Whether OpenAI becomes a truly massive, world-defining company is an open question, but it's not going to be decided by Sora. Treating a research-facing video generator as if it's OpenAI's attempt at the next TikTok is just missing the forest for the trees. Sora isn't a product bet, it's a technology demo or a testbed for video and image modeling. They threw a basic interface on top so people could actually use it. If they shut that interface down tomorrow, it wouldn't change a thing about the underlying progress in generative modeling.

You can argue that OpenAI lacks focus, or that they waste energy on these experiments. That's a reasonable discussion. But calling it "the beginning of the end" because of one side project is just unserious. Tech companies at the frontier run hundreds of little prototypes like this... most get abandoned, and that's fine.

The real question about OpenAI's future has nothing to do with Sora. It's whether large language and multimodal models eventually become a zero-margin commodity. If that happens, OpenAI's valuation problem isn't about branding or app strategy, it's about economics. Can they build a moat beyond "we have the biggest model"? Because that won't hold once opensource and fine-tuned domain models catch up.

So sure, Sora might be a distraction. But pretending that a minor interface launch is some great unraveling of OpenAI's trajectory is just lazy narrative-hunting.


Their first bet was than they were going to be the frontier model provider by a good margin, and that others would not be able to compete on the "intelligence". And that they could get distribution via big customers looking to buy model access. The dominant-model-provider strategy has already failed, many actors have models that rival them - both established (Google) and newcomers (Anthropic). Open models are not to shabby either, enough to undermine the narrative "we are uniquely able to do powerful models". As you say, there is a commodification process started, and it might be a race to the bottom in terms of margin. So, OpenAI has moved into a new/adapted strategy, where they want to own the customers to a much larger degree, and rely less on partners/customers for distribution. This is likely because their prospective partners have a bunch of viable models to select between (many end products for power users lets people select freely), and high competitive pressure on costs (as it defines the margin and competitiveness) of the end products. Codex, Sora, their new web browser announcement, adjustments in ChatGPT is all to ensure a lot of direct end users - more brand recognition, more influence, more monetization possibilities. So I think it is a considerable pivot from their initial plan/hopes. But it is not an unraveling - it is a rather smart response to the fierce competition in the market.
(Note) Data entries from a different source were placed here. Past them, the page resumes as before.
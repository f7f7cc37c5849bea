-- ===== src/Protocol/ErrorCodes.antt =====
-- protocol/errorcodes.go: the error codes, class by class. A class is named by its first two characters.
pub mod Distinct
use Prim.Native.String.{String}
use crunchy_proxy.Go.{Bytes, codes}
use crunchy_proxy.Prelude.{List, [], ◌∷◌, ◌++◌}

abbrev strings : List String → List Bytes
strings [] = []
strings (s ∷ rest) = codes s ∷ strings rest

-- Class 00
unfoldable pub class_00 : List Bytes
class_00 = strings ("00000" ∷ [])

-- Class 01
unfoldable pub class_01 : List Bytes
class_01 =
    strings ("01000" ∷ "0100C" ∷ "01008" ∷ "01003" ∷ "01007" ∷ "01006" ∷ "01004" ∷ "01P01" ∷ [])

-- Class 02
unfoldable pub class_02 : List Bytes
class_02 = strings ("02000" ∷ "02001" ∷ [])

-- Class 03
unfoldable pub class_03 : List Bytes
class_03 = strings ("03000" ∷ [])

-- Class 08
unfoldable pub class_08 : List Bytes
class_08 = strings ("08000" ∷ "08003" ∷ "08006" ∷ "08001" ∷ "08004" ∷ "08007" ∷ "08P01" ∷ [])

-- Class 09
unfoldable pub class_09 : List Bytes
class_09 = strings ("09000" ∷ [])

-- Class 0A
unfoldable pub class_0a : List Bytes
class_0a = strings ("0A000" ∷ [])

-- Class 0B
unfoldable pub class_0b : List Bytes
class_0b = strings ("0B000" ∷ [])

-- Class 0F
unfoldable pub class_0f : List Bytes
class_0f = strings ("0F000" ∷ "0F001" ∷ [])

-- Class 0L
unfoldable pub class_0l : List Bytes
class_0l = strings ("0L000" ∷ "0LP01" ∷ [])

-- Class 0P
unfoldable pub class_0p : List Bytes
class_0p = strings ("0P000" ∷ [])

-- Class 0Z
unfoldable pub class_0z : List Bytes
class_0z = strings ("0Z000" ∷ "0Z002" ∷ [])

-- Class 20
unfoldable pub class_20 : List Bytes
class_20 = strings ("20000" ∷ [])

-- Class 21
unfoldable pub class_21 : List Bytes
class_21 = strings ("21000" ∷ [])

-- Class 22
unfoldable pub class_22 : List Bytes
class_22 = strings (
    "22000" ∷ "2202E" ∷ "22021" ∷ "22008" ∷ "22012" ∷ "22005" ∷ "2200B" ∷ "22022" ∷ "22015"
    ∷ "2201E" ∷ "22014" ∷ "22016" ∷ "2201F" ∷ "2201G" ∷ "22018" ∷ "22007" ∷ "22019" ∷ "2200D"
    ∷ "22025" ∷ "22P06" ∷ "22023" ∷ "2201B" ∷ "2201W" ∷ "2201X" ∷ "2202H" ∷ "2202G" ∷ "22009"
    ∷ "2200C" ∷ "2200G" ∷ "22004" ∷ "22002" ∷ "22003" ∷ "22026" ∷ "22001" ∷ "22011" ∷ "22027"
    ∷ "22024" ∷ "2200F" ∷ "22P01" ∷ "22P02" ∷ "22P03" ∷ "22P04" ∷ "22P05" ∷ "2200L" ∷ "2200M"
    ∷ "2200N" ∷ "2200S" ∷ "2200T" ∷ [])

-- Class 23
unfoldable pub class_23 : List Bytes
class_23 = strings ("23000" ∷ "23001" ∷ "23502" ∷ "23503" ∷ "23505" ∷ "23514" ∷ "23P01" ∷ [])

-- Class 24
unfoldable pub class_24 : List Bytes
class_24 = strings ("24000" ∷ [])

-- Class 25
unfoldable pub class_25 : List Bytes
class_25 = strings (
    "25000" ∷ "25001" ∷ "25002" ∷ "25008" ∷ "25003" ∷ "25004" ∷ "25005" ∷ "25006" ∷ "25007"
    ∷ "25P01" ∷ "25P02" ∷ "25P03" ∷ [])

-- Class 26
unfoldable pub class_26 : List Bytes
class_26 = strings ("26000" ∷ [])

-- Class 27
unfoldable pub class_27 : List Bytes
class_27 = strings ("27000" ∷ [])

-- Class 28
unfoldable pub class_28 : List Bytes
class_28 = strings ("28000" ∷ "28P01" ∷ [])

-- Class 2B
unfoldable pub class_2b : List Bytes
class_2b = strings ("2B000" ∷ "2BP01" ∷ [])

-- Class 2D
unfoldable pub class_2d : List Bytes
class_2d = strings ("2D000" ∷ [])

-- Class 2F
unfoldable pub class_2f : List Bytes
class_2f = strings ("2F000" ∷ "2F005" ∷ "2F002" ∷ "2F003" ∷ "2F004" ∷ [])

-- Class 34
unfoldable pub class_34 : List Bytes
class_34 = strings ("34000" ∷ [])

-- Class 38
unfoldable pub class_38 : List Bytes
class_38 = strings ("38000" ∷ "38001" ∷ "38002" ∷ "38003" ∷ "38004" ∷ [])

-- Class 39
unfoldable pub class_39 : List Bytes
class_39 = strings ("39000" ∷ "39001" ∷ "39004" ∷ "39P01" ∷ "39P02" ∷ "39P03" ∷ [])

-- Class 3B
unfoldable pub class_3b : List Bytes
class_3b = strings ("3B000" ∷ "3B001" ∷ [])

-- Class 3D
unfoldable pub class_3d : List Bytes
class_3d = strings ("3D000" ∷ [])

-- Class 3F
unfoldable pub class_3f : List Bytes
class_3f = strings ("3F000" ∷ [])

-- Class 40
unfoldable pub class_40 : List Bytes
class_40 = strings ("40000" ∷ "40002" ∷ "40001" ∷ "40003" ∷ "40P01" ∷ [])

-- Class 42
unfoldable pub class_42 : List Bytes
class_42 = strings (
    "42000" ∷ "42601" ∷ "42501" ∷ "42846" ∷ "42803" ∷ "42P20" ∷ "42P19" ∷ "42830" ∷ "42602"
    ∷ "42622" ∷ "42939" ∷ "42804" ∷ "42P18" ∷ "42P21" ∷ "42P22" ∷ "42809" ∷ "42703" ∷ "42883"
    ∷ "42P01" ∷ "42P02" ∷ "42704" ∷ "42701" ∷ "42P03" ∷ "42P04" ∷ "42723" ∷ "42P05" ∷ "42P06"
    ∷ "42P07" ∷ "42712" ∷ "42710" ∷ "42702" ∷ "42725" ∷ "42P08" ∷ "42P09" ∷ "42P10" ∷ "42611"
    ∷ "42P11" ∷ "42P12" ∷ "42P13" ∷ "42P14" ∷ "42P15" ∷ "42P16" ∷ "42P17" ∷ [])

-- Class 44
unfoldable pub class_44 : List Bytes
class_44 = strings ("44000" ∷ [])

-- Class 53
unfoldable pub class_53 : List Bytes
class_53 = strings ("53000" ∷ "53100" ∷ "53200" ∷ "53300" ∷ "53400" ∷ [])

-- Class 54
unfoldable pub class_54 : List Bytes
class_54 = strings ("54000" ∷ "54001" ∷ "54011" ∷ "54023" ∷ [])

-- Class 55
unfoldable pub class_55 : List Bytes
class_55 = strings ("55000" ∷ "55006" ∷ "55P02" ∷ "55P03" ∷ [])

-- Class 57
unfoldable pub class_57 : List Bytes
class_57 = strings ("57000" ∷ "57014" ∷ "57P01" ∷ "57P02" ∷ "57P03" ∷ "57P04" ∷ [])

-- Class 58
unfoldable pub class_58 : List Bytes
class_58 = strings ("58000" ∷ "58030" ∷ "58P01" ∷ "58P02" ∷ [])

-- Class 72
unfoldable pub class_72 : List Bytes
class_72 = strings ("72000" ∷ [])

-- Class F0
unfoldable pub class_f0 : List Bytes
class_f0 = strings ("F0000" ∷ "F0001" ∷ [])

-- Class HV
unfoldable pub class_hv : List Bytes
class_hv = strings (
    "HV000" ∷ "HV005" ∷ "HV002" ∷ "HV010" ∷ "HV021" ∷ "HV024" ∷ "HV007" ∷ "HV008" ∷ "HV004"
    ∷ "HV006" ∷ "HV091" ∷ "HV00B" ∷ "HV00C" ∷ "HV00D" ∷ "HV090" ∷ "HV00A" ∷ "HV009" ∷ "HV014"
    ∷ "HV001" ∷ "HV00P" ∷ "HV00J" ∷ "HV00K" ∷ "HV00Q" ∷ "HV00R" ∷ "HV00L" ∷ "HV00M" ∷ "HV00N" ∷ [])

-- Class P0
unfoldable pub class_p0 : List Bytes
class_p0 = strings ("P0000" ∷ "P0001" ∷ "P0002" ∷ "P0003" ∷ "P0004" ∷ [])

-- Class XX
unfoldable pub class_xx : List Bytes
class_xx = strings ("XX000" ∷ "XX001" ∷ "XX002" ∷ [])

-- The whole table
unfoldable pub error_codes : List Bytes
unfolding class_00 class_01 class_02 class_03 class_08 class_09 class_0a class_0b class_0f class_0l
    class_0p class_0z class_20 class_21 class_22 class_23 class_24 class_25 class_26 class_27
    class_28 class_2b class_2d class_2f class_34 class_38 class_39 class_3b class_3d class_3f
    class_40 class_42 class_44 class_53 class_54 class_55 class_57 class_58 class_72 class_f0
    class_hv class_p0 class_xx
error_codes =
    class_00 ++ class_01 ++ class_02 ++ class_03 ++ class_08 ++ class_09 ++ class_0a ++ class_0b
    ++ class_0f ++ class_0l ++ class_0p ++ class_0z ++ class_20 ++ class_21 ++ class_22 ++ class_23
    ++ class_24 ++ class_25 ++ class_26 ++ class_27 ++ class_28 ++ class_2b ++ class_2d ++ class_2f
    ++ class_34 ++ class_38 ++ class_39 ++ class_3b ++ class_3d ++ class_3f ++ class_40 ++ class_42
    ++ class_44 ++ class_53 ++ class_54 ++ class_55 ++ class_57 ++ class_58 ++ class_72 ++ class_f0
    ++ class_hv ++ class_p0 ++ class_xx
I agree. My bet is that OpenAI will not fullfill its mission of developing AGI by 2035. And I would be surprised if they ever did. As much as they might want to, there is only so many dreams you can whisper into rich people's ears before they tell you to go away. And without rich people's money, OpenAI will fall like a house of cards. The wealthy won't have infinite patience


It seems they are going to try to maximize their installed base, build the infrastructure, and try to own everything in between, whether it’s LLM or some other architecture that arises. Owning data centers and an installed base sounds great in theory, but it assumes you can outbuild hyperscalers on infrastructure and that your users will stick around. Data centers are a low margin grind and the installed base in AI isn’t locked in like iPhones. Apple and Google still control the endpoints, and I think they’ll ultimately decide who wins by what they integrate at the OS level.


There are also interesting things one could do with models like Sora, depending how it actually performs in practice: prompting to segment, for example; and the thing could very possibly, if it's fast enough etc. become a foundation for robotics.


I don't think that's fair.

ChatGPT clearly is "for consumers". Whereas Sora is a kind of enshitification to monetize engagement. It's right to question the latter.